Ils burent. L’alcool le réchauffa. Déjà, Wanda avait rempli les verres à nouveau et continuait son récit.
— Depuis que Ziolek a signé le manifeste, plus de 120 personnes, dont moi, ont signé aussi. Plus toutes les lettres qu’il reçoit et qu’il classe. Des gens qui lui expriment leur sympathie, lui souhaitent de réussir.
— Il garde ces lettres ? demanda Malko innocemment. Wanda secoua la tête énergiquement.
— Non, non. Il les brûle, mais il m’a dit qu’il conservait la liste des gens dans un endroit secret… Pour le jour de la victoire…
La jeune femme s’enflammait, ses yeux brillaient. Malko qui avait lui-même un peu de sang polonais se dit que les Slaves étaient incorrigibles. Toujours croire aux contes de fées. Wanda était sincère à 150 %. Mais il imaginait ce qui se passerait si Julius Zydowski avait dit la vérité… De nouveau, Wanda vida son verre de vodka, imitée aussitôt par Malko. Il avait besoin de se dénouer les nerfs.
— Vous travaillez toujours ? demanda-t-il. La jeune femme secoua la tête.
— Non. Le S.B. a donné des ordres pour que je ne passe plus à la radio. Un de mes disques allait sortir. Ils l’ont bloqué. Ils sont passés dans les magasins pour « conseiller » aux disquaires de retirer mes enregistrements de la vente. Ou de dire aux acheteurs qu’ils étaient épuisés.
— Mais comment survivez-vous ? Wanda eut un sourire ironique.
— Kombinacja[28]… Comme tous mes compatriotes. Vous savez, on dit que le Polonais moyen gagne 3 000 zlotys, en dépense 4 000 et en économise 1 000… Je chante dans des boîtes ou des restaurants. Je vends des chansons sans les signer. Et puis, je n’ai pas de gros besoins… Simplement, je ne m’achète plus de vêtements neufs. Mais c’est l’hiver, ce n’est pas important…
— C’est tout ? demanda Malko.
Le regard de Wanda Michnik se ternit. Elle se versa un nouveau verre de vodka avant de répondre.
— Souvent, je suis abordée dans la rue par des agents du S.B., dit-elle. Ils m’injurient, ils me menacent… Soi-disant parce qu’ils ont lu les journaux. Le mois dernier, j’ai été condamnée à 5 000 zlotys d’amende par le Tribunal Populaire de Varsovie Centre pour avoir transgressé les normes du comportement social…
— Qu’aviez-vous fait ?
Wanda Michnik acheva sa vodka.
— Une collecte pour les ouvriers emprisonnés de Ursus et de Radom. C’est mon dernier avatar… Mais il y en aura d’autres. Pourtant, je suis si fatiguée par moments…
Elle se tut, alla changer la cassette et revint s’installer contre Malko. Celui-ci remarqua que ses yeux étaient noyés. La bouteille de Wyrobowa était à moitié vide. Wanda était ivre morte…

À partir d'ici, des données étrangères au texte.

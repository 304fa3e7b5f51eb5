-- ===== src/Cli.antt =====
-- cmd/edt/run.go and main.go: the command that runs a scenario once, from the text of its file to
-- the exit code of the process. Reading the file, the printers, the host's environment and the push
-- to a control plane are arguments.
use Prim.Native.String.{◌++◌ as str_append}
use event_driven_tests_ai.Common.{
  ℕ, String, List, [], ◌∷◌, if◌then◌else◌, ◌==◌, ◌&&◌, string_comparable, nat_comparable, Option,
  none, some,
}
use event_driven_tests_ai.Common.Int.{pos}
use event_driven_tests_ai.Checks.Result.{Check, Outcome, evaluate_all}
use event_driven_tests_ai.Events.{MemStore, new_mem_store}
use event_driven_tests_ai.Json.{Json, text}
use event_driven_tests_ai.Report.{Report, unset, finalize}
use event_driven_tests_ai.Orchestrator.{State, StepError, StepResult, passed, failed}
use event_driven_tests_ai.Orchestrator.Runner.{Library, Setup, Answer, answered, refused}
use event_driven_tests_ai.Orchestrator.Run.{run}
use event_driven_tests_ai.Api.{Decoded, decoded, malformed}
use event_driven_tests_ai.Api.Scenarios.{Parsers}
use event_driven_tests_ai.Api.Adhoc.{Plan, Outside}
use event_driven_tests_ai.Cli.Host.{expand_host_env}
pub mod Host
pub mod Exit
mod Examples

-- The brokers that a flag names and the time limit go to the clients, the token to the push.
pub record RunFlags : Type 0 where
  pub file : String
  pub format : String
  pub bootstrap_servers : String
  pub timeout : ℕ
  pub report_to : String
  pub report_token : String

pub data CommandError : Type 0 where
  plain : String → CommandError
  exit_error : ℕ → String → CommandError

-- The exit code that `main` gives.
unfoldable pub process_code : Option CommandError → ℕ
process_code none = 0
process_code (some (plain e)) = 1
process_code (some (exit_error code message)) = code

module _ {V : Type 0} (write_json write_console : Report V → Option String) where
  abbrev pub write : String → Report V → Option String
  write format rep = if format == "json" then write_json rep else write_console rep

  abbrev pub exit_of : Option String → Report V → Option CommandError
  exit_of (some e) rep = some (plain e)
  exit_of none rep =
      if rep.exit_code == 0
      then none
      else if rep.exit_code == 2
      then some (exit_error 2 (str_append "scenario error: " rep.err))
      else some (exit_error 1 "check failures")

  -- `writeAndExit`
  unfoldable pub write_and_exit : Report V → String → Option CommandError
  write_and_exit rep format = exit_of (write format rep) rep

module _ {F V : Type 0} (lib : Library F) (out : Outside F V) where
  abbrev pub new_run_id : String
  new_run_id = str_append "r-" out.fresh

  -- The report at the start.
  abbrev pub new_report : String → Report V
  new_report name = record {
    scenario = name;
    run_id = new_run_id;
    mode = "run";
    started_at = out.started_at;
    finished_at = 0;
    duration = 0;
    status = unset;
    exit_code = 0;
    checks = [];
    event_count = 0;
    err = "";
  }

  -- The runner that is wired for a plan; the plan has a registry when it names one with a URL.
  abbrev pub run_setup : Plan F → Setup F
  run_setup plan = record {
    has_kafka = plan.has_kafka;
    has_http = plan.has_http;
    has_web_socket = plan.has_web_socket;
    has_sse = plan.has_http;
    has_grpc = plan.has_grpc;
    has_codec = plan.has_kafka && plan.has_registry;
    http_connector = plan.has_http;
    web_socket_connector = plan.has_web_socket;
    grpc_connector = plan.has_grpc;
    generators = plan.generators;
    run = ("id", text new_run_id) ∷ ("startedAt", text out.started_text) ∷ [];
  }

  abbrev pub run_steps : Plan F → StepResult × State (Json F)
  run_steps plan =
      run lib (run_setup plan) plan.steps
        (record { store = new_mem_store (pos 0); previous = []; sent = [] })

  abbrev pub with_error : StepResult → Report V → Report V
  with_error passed rep = rep
  with_error (failed e) rep = record rep { err = str_append "step " (out.describe e) }

  -- Without an evaluator there is a warning and no check.
  abbrev pub with_checks : Answer (String → Outcome V) → List Check → Report V → Report V
  with_checks (refused e) cs rep = rep
  with_checks (answered evaluate) cs rep = record rep { checks = evaluate_all evaluate out.now cs }

  -- The report of a run whose steps have been taken.
  abbrev pub run_report : Plan F → StepResult × State (Json F) → Report V → Report V
  run_report plan (r, s) rep =
      let checked = with_checks (out.new_evaluator s.store) plan.checks (with_error r rep) in
      finalize out.now (record checked { event_count = s.store.total })

  module _ (write_json write_console : Report V → Option String) (f : RunFlags) where
    -- What the control plane answers to a push is not looked at.
    abbrev pub pushed : Report V → List (Report V)
    pushed rep = if f.report_to == "" then [] else rep ∷ []

    abbrev pub finished : Report V → Option CommandError × List (Report V)
    finished rep = (write_and_exit write_json write_console rep f.format, pushed rep)

    -- A client that cannot be had ends the run with the report as it is, which is not pushed.
    abbrev pub clients :
        Answer (Unit {0}) → Plan F → Report V → Option CommandError × List (Report V)
    clients (refused e) plan rep =
        (write_and_exit write_json write_console (record rep { err = e }) f.format, [])
    clients (answered u) plan rep = finished (run_report plan (run_steps plan) rep)

    abbrev pub run_scenario : Plan F → String → Option CommandError × List (Report V)
    run_scenario plan name =
        if plan.has_kafka
        then clients out.kafka_client plan (new_report name)
        else finished (run_report plan (run_steps plan) (new_report name))

    module _ {D : Type 0} (p : Parsers D) (plan : D → Plan F) (getenv : String → String) where
      abbrev pub run_parsed : Decoded D → Option String → Option CommandError × List (Report V)
      run_parsed (malformed e) v = (some (plain e), [])
      run_parsed (decoded d) (some e) = (some (plain e), [])
      run_parsed (decoded d) none = run_scenario (plan d) (p.metadata_name d)

      -- `doRun`: the error it returns and the reports that it pushed.
      unfoldable pub do_run : Answer String → Option CommandError × List (Report V)
      do_run (refused e) = (some (plain e), [])
      do_run (answered raw) =
          let yaml = expand_host_env getenv raw in run_parsed (p.parse yaml) (p.validate_yaml yaml)
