-- ===== src/Orchestrator/Interpolate/References.antt =====
-- What a text with references to fields becomes: each is the value at its path, or stays.
use Prim.Native.String.{◌++◌ as str_append}
use Prim.Native.String.append.{nil, cons}
use Prim.Native.Char.{code}
use event_driven_tests_ai.Common.{
  String, List, [], ◌∷◌, ◌==◌, ◌&&◌, not, arith, ◌≡◌, refl, ap, ◌∙◌, if◌then◌else◌, map,
  string_comparable, nat_comparable, Bool, true, false, Option, none, some, All,
}
use event_driven_tests_ai.Common.Dict.{Dict, lookup}
use event_driven_tests_ai.Common.Text.{cut, split}
use event_driven_tests_ai.Orchestrator.{Payloads}
use event_driven_tests_ai.Orchestrator.Interpolate.{
  literal, descend, lookup_path, shown, referred, resolve, expand,
}
use event_driven_tests_ai.Orchestrator.Interpolate.Render.{
  Part, plain, reference, render, meaning, lacks, AreParts, expand-render,
}

-- A piece of a text: plain text, a path into the run or into the previous step, from its first word,
-- or the name of any other reference.
pub data Piece : Type 0 where
  words : String → Piece
  of_run : String → List String → Piece
  of_previous : String → List String → Piece
  unknown : String → Piece

abbrev pub dotted : String → List String → String
dotted p [] = p
dotted p (q ∷ qs) = str_append p (String.◌∷◌ "." (dotted q qs))

abbrev run_dot : String → String
run_dot t = String.◌∷◌ "r" (String.◌∷◌ "u" (String.◌∷◌ "n" (String.◌∷◌ "." t)))

abbrev previous_dot : String → String
previous_dot t = String.◌∷◌ "p" (
    String.◌∷◌ "r" (
      String.◌∷◌ "e" (
        String.◌∷◌ "v"
          (String.◌∷◌ "i" (String.◌∷◌ "o" (String.◌∷◌ "u" (String.◌∷◌ "s" (String.◌∷◌ "." t))))))))

-- The name between the braces.
abbrev pub part_of : Piece → Part
part_of (words t) = plain t
part_of (of_run p ps) = reference (run_dot (dotted p ps))
part_of (of_previous p ps) = reference (previous_dot (dotted p ps))
part_of (unknown name) = reference name

-- A name with no dot, or with another first word than run and previous.
abbrev pub is_unknown : Option (String × String) → Bool
is_unknown none = true
is_unknown (some (root, rest)) = not (root == "run") && not (root == "previous")

abbrev pub IsPiece : Piece → Type 0
IsPiece (words t) = Unit
IsPiece (of_run p ps) = All (λ q. lacks b'.' q ≡ true) (p ∷ ps)
IsPiece (of_previous p ps) = All (λ q. lacks b'.' q ≡ true) (p ∷ ps)
IsPiece (unknown name) = is_unknown (cut b'.' name) ≡ true

split-last : (p : String) → lacks b'.' p ≡ true → split b'.' p ≡ p ∷ []
unfolding split
split-last String.[] h = refl
split-last (String.◌∷◌ c p) h =
    let e : (code c == b'.') ≡ false = ground arith in
    let k : lacks b'.' p ≡ true = ground arith in rw (e, split-last p k)

split-first :
    (p t : String)
    → lacks b'.' p ≡ true
    → split b'.' (str_append p (String.◌∷◌ "." t)) ≡ p ∷ split b'.' t
unfolding split
split-first String.[] t h = rw (nil (String.◌∷◌ "." t))
split-first (String.◌∷◌ c p) t h =
    let e : (code c == b'.') ≡ false = ground arith in
    let k : lacks b'.' p ≡ true = ground arith in
    rw (cons c p (String.◌∷◌ "." t), e, split-first p t k)

split-dotted :
    (p : String) (ps : List String)
    → All (λ q. lacks b'.' q ≡ true) (p ∷ ps)
    → split b'.' (dotted p ps) ≡ p ∷ ps
split-dotted p [] h = split-last p h.0
split-dotted p (q ∷ qs) h =
    split-first p (dotted q qs) h.0 ∙ ap (λ l. p ∷ l) (split-dotted q qs h.1)

cut-run : (t : String) → cut b'.' (run_dot t) ≡ some ("run", t)
unfolding cut
cut-run t = refl

cut-previous : (t : String) → cut b'.' (previous_dot t) ≡ some ("previous", t)
unfolding cut
cut-previous t = refl

module _ {P : Type 0} (payloads : Payloads P) (show : P → String) where
  -- The value at the end of a path, from the value of its first word: each further word names a field
  -- of an object.
  abbrev pub walk : Option P → List String → Option P
  walk none ps = none
  walk (some v) [] = some v
  walk (some v) (p ∷ ps) =
      if payloads.is_object v then walk (lookup p (payloads.object v)) ps else none

  abbrev pub value_at : Dict String P → String → List String → Option P
  value_at bag p ps = walk (lookup p bag) ps

  -- A value is shown; a reference to nothing stays as it was written.
  abbrev pub shown_or_written : String → Option P → String
  shown_or_written name none = literal name
  shown_or_written name (some v) = show v

  abbrev pub piece_meaning : Dict String P → Dict String P → Piece → String
  piece_meaning run previous (words t) = t
  piece_meaning run previous (of_run p ps) =
      shown_or_written (run_dot (dotted p ps)) (value_at run p ps)
  piece_meaning run previous (of_previous p ps) =
      shown_or_written (previous_dot (dotted p ps)) (value_at previous p ps)
  piece_meaning run previous (unknown name) = literal name

  abbrev pub text_meaning : Dict String P → Dict String P → List Piece → String
  text_meaning run previous [] = ""
  text_meaning run previous (x ∷ xs) =
      str_append (piece_meaning run previous x) (text_meaning run previous xs)

  after-walk :
      (o : Option P) (ps : List String)
      → ((v : P) → descend payloads show ps v ≡ walk (some v) ps)
      → (elim o [ none ↦ none | some v ↦ descend payloads show ps v ]) ≡ walk o ps
  after-walk none ps h = refl
  after-walk (some v) ps h = h v

  descend-walk : (ps : List String) (v : P) → descend payloads show ps v ≡ walk (some v) ps
  unfolding descend
  descend-walk [] v = refl
  descend-walk (p ∷ ps) v =
      ap (λ o. if payloads.is_object v then o else none)
        (after-walk (lookup p (payloads.object v)) ps (descend-walk ps))

  lookup_path-value_at :
      (bag : Dict String P) (p : String) (ps : List String)
      → lookup_path payloads show bag (p ∷ ps) ≡ value_at bag p ps
  unfolding lookup_path
  lookup_path-value_at bag p ps = after-walk (lookup p bag) ps (descend-walk ps)

  shown-written :
      (name : String) (o : Option P) → shown payloads show name o ≡ shown_or_written name o
  shown-written name none = refl
  shown-written name (some v) = refl

  referred-unknown :
      (run previous : Dict String P) (name : String) (o : Option (String × String))
      → is_unknown o ≡ true
      → referred payloads show run previous name o ≡ literal name
  referred-unknown run previous name none h = refl
  referred-unknown run previous name (some (root, rest)) h = ground arith

  at_path :
      (bag : Dict String P) (name p : String) (ps : List String)
      → All (λ q. lacks b'.' q ≡ true) (p ∷ ps)
      → shown payloads show name (lookup_path payloads show bag (split b'.' (dotted p ps)))
        ≡ shown_or_written name (value_at bag p ps)
  at_path bag name p ps h =
      ap (λ l. shown payloads show name (lookup_path payloads show bag l)) (split-dotted p ps h)
      ∙ ap (shown payloads show name) (lookup_path-value_at bag p ps)
      ∙ shown-written name (value_at bag p ps)

  resolve-run :
      (run previous : Dict String P) (p : String) (ps : List String)
      → All (λ q. lacks b'.' q ≡ true) (p ∷ ps)
      → resolve payloads show run previous (run_dot (dotted p ps))
        ≡ shown_or_written (run_dot (dotted p ps)) (value_at run p ps)
  unfolding resolve
  resolve-run run previous p ps h =
      ap (referred payloads show run previous (run_dot (dotted p ps))) (cut-run (dotted p ps))
      ∙ at_path run (run_dot (dotted p ps)) p ps h

  resolve-previous :
      (run previous : Dict String P) (p : String) (ps : List String)
      → All (λ q. lacks b'.' q ≡ true) (p ∷ ps)
      → resolve payloads show run previous (previous_dot (dotted p ps))
        ≡ shown_or_written (previous_dot (dotted p ps)) (value_at previous p ps)
  unfolding resolve
  resolve-previous run previous p ps h =
      ap (referred payloads show run previous (previous_dot (dotted p ps)))
        (cut-previous (dotted p ps))
      ∙ at_path previous (previous_dot (dotted p ps)) p ps h

  resolve-unknown :
      (run previous : Dict String P) (name : String)
      → is_unknown (cut b'.' name) ≡ true
      → resolve payloads show run previous name ≡ literal name
  unfolding resolve
  resolve-unknown run previous name h = referred-unknown run previous name (cut b'.' name) h

  meaning-text_meaning :
      (run previous : Dict String P) (xs : List Piece)
      → All IsPiece xs
      → meaning (resolve payloads show run previous) (map part_of xs) ≡ text_meaning run previous xs
  meaning-text_meaning run previous [] h = refl
  meaning-text_meaning run previous (words t ∷ xs) h =
      ap (str_append t) (meaning-text_meaning run previous xs h.1)
  meaning-text_meaning run previous (of_run p ps ∷ xs) h =
      rw (resolve-run run previous p ps h.0, meaning-text_meaning run previous xs h.1)
  meaning-text_meaning run previous (of_previous p ps ∷ xs) h =
      rw (resolve-previous run previous p ps h.0, meaning-text_meaning run previous xs h.1)
  meaning-text_meaning run previous (unknown name ∷ xs) h =
      rw (resolve-unknown run previous name h.0, meaning-text_meaning run previous xs h.1)

  -- In a text of plain words with no dollar and references in braces, the words stay, and each
  -- reference is replaced: one whose first word is run by the value at the rest of its dotted path in
  -- the fields of the run, where each word but the last must name an object, and one whose first word
  -- is previous in the same way by a value of the step before. A reference to no value stays as it
  -- was written, and so does any other. No reference is empty or has a brace that closes, and no word
  -- of a path has a dot.
  pub expand-text_meaning :
      (run previous : Dict String P) (xs : List Piece)
      → All IsPiece xs
      → AreParts (map part_of xs)
      → expand payloads show run previous (render (map part_of xs)) ≡ text_meaning run previous xs
  expand-text_meaning run previous xs h k =
      expand-render payloads show run previous (map part_of xs) k
      ∙ meaning-text_meaning run previous xs h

Ils restèrent silencieux, écoutant les mélodies de Simon et Garfunkel. Elle avait décroché d’un coup ses problèmes, comme sous l’effet d’une drogue. Elle suivait la musique, dodelinant de la tête.
— Malko ! dit-elle soudain. C’est un drôle de nom. Est-ce que les Américains vont enfin nous aider ? Ils nous promettent toujours, mais on ne voit rien venir. Nous avons besoin de support international. Il faut faire peur à Gierek, qu’il nous laisse en paix… C’est ce que vous êtes venu faire ? Les gens de l’ambassade américaine, ici, sont trop prudents. Ils ont peur de leur ombre. S’il n’y avait pas l’Église, nous serions laminés, jetés dans des camps.
Elle s’animait, les mots se bousculaient pour sortir. L’alcool nuisait fâcheusement à son anglais. D’un geste machinal, elle se reversa de la vodka et servit Malko.
— Il fait chaud…
La température ne dépassait pas 15°C dans la pièce…
Malko se sentait pris d’un étrange engourdissement. Cet appartement nu au cœur de la vieille Varsovie semblait en dehors du temps. Comme les chansons qui sortaient de la radio…
Wanda ne disait plus rien, le dos au mur, les yeux dans le vague, les jambes allongées devant elle. Elle but de nouveau en silence.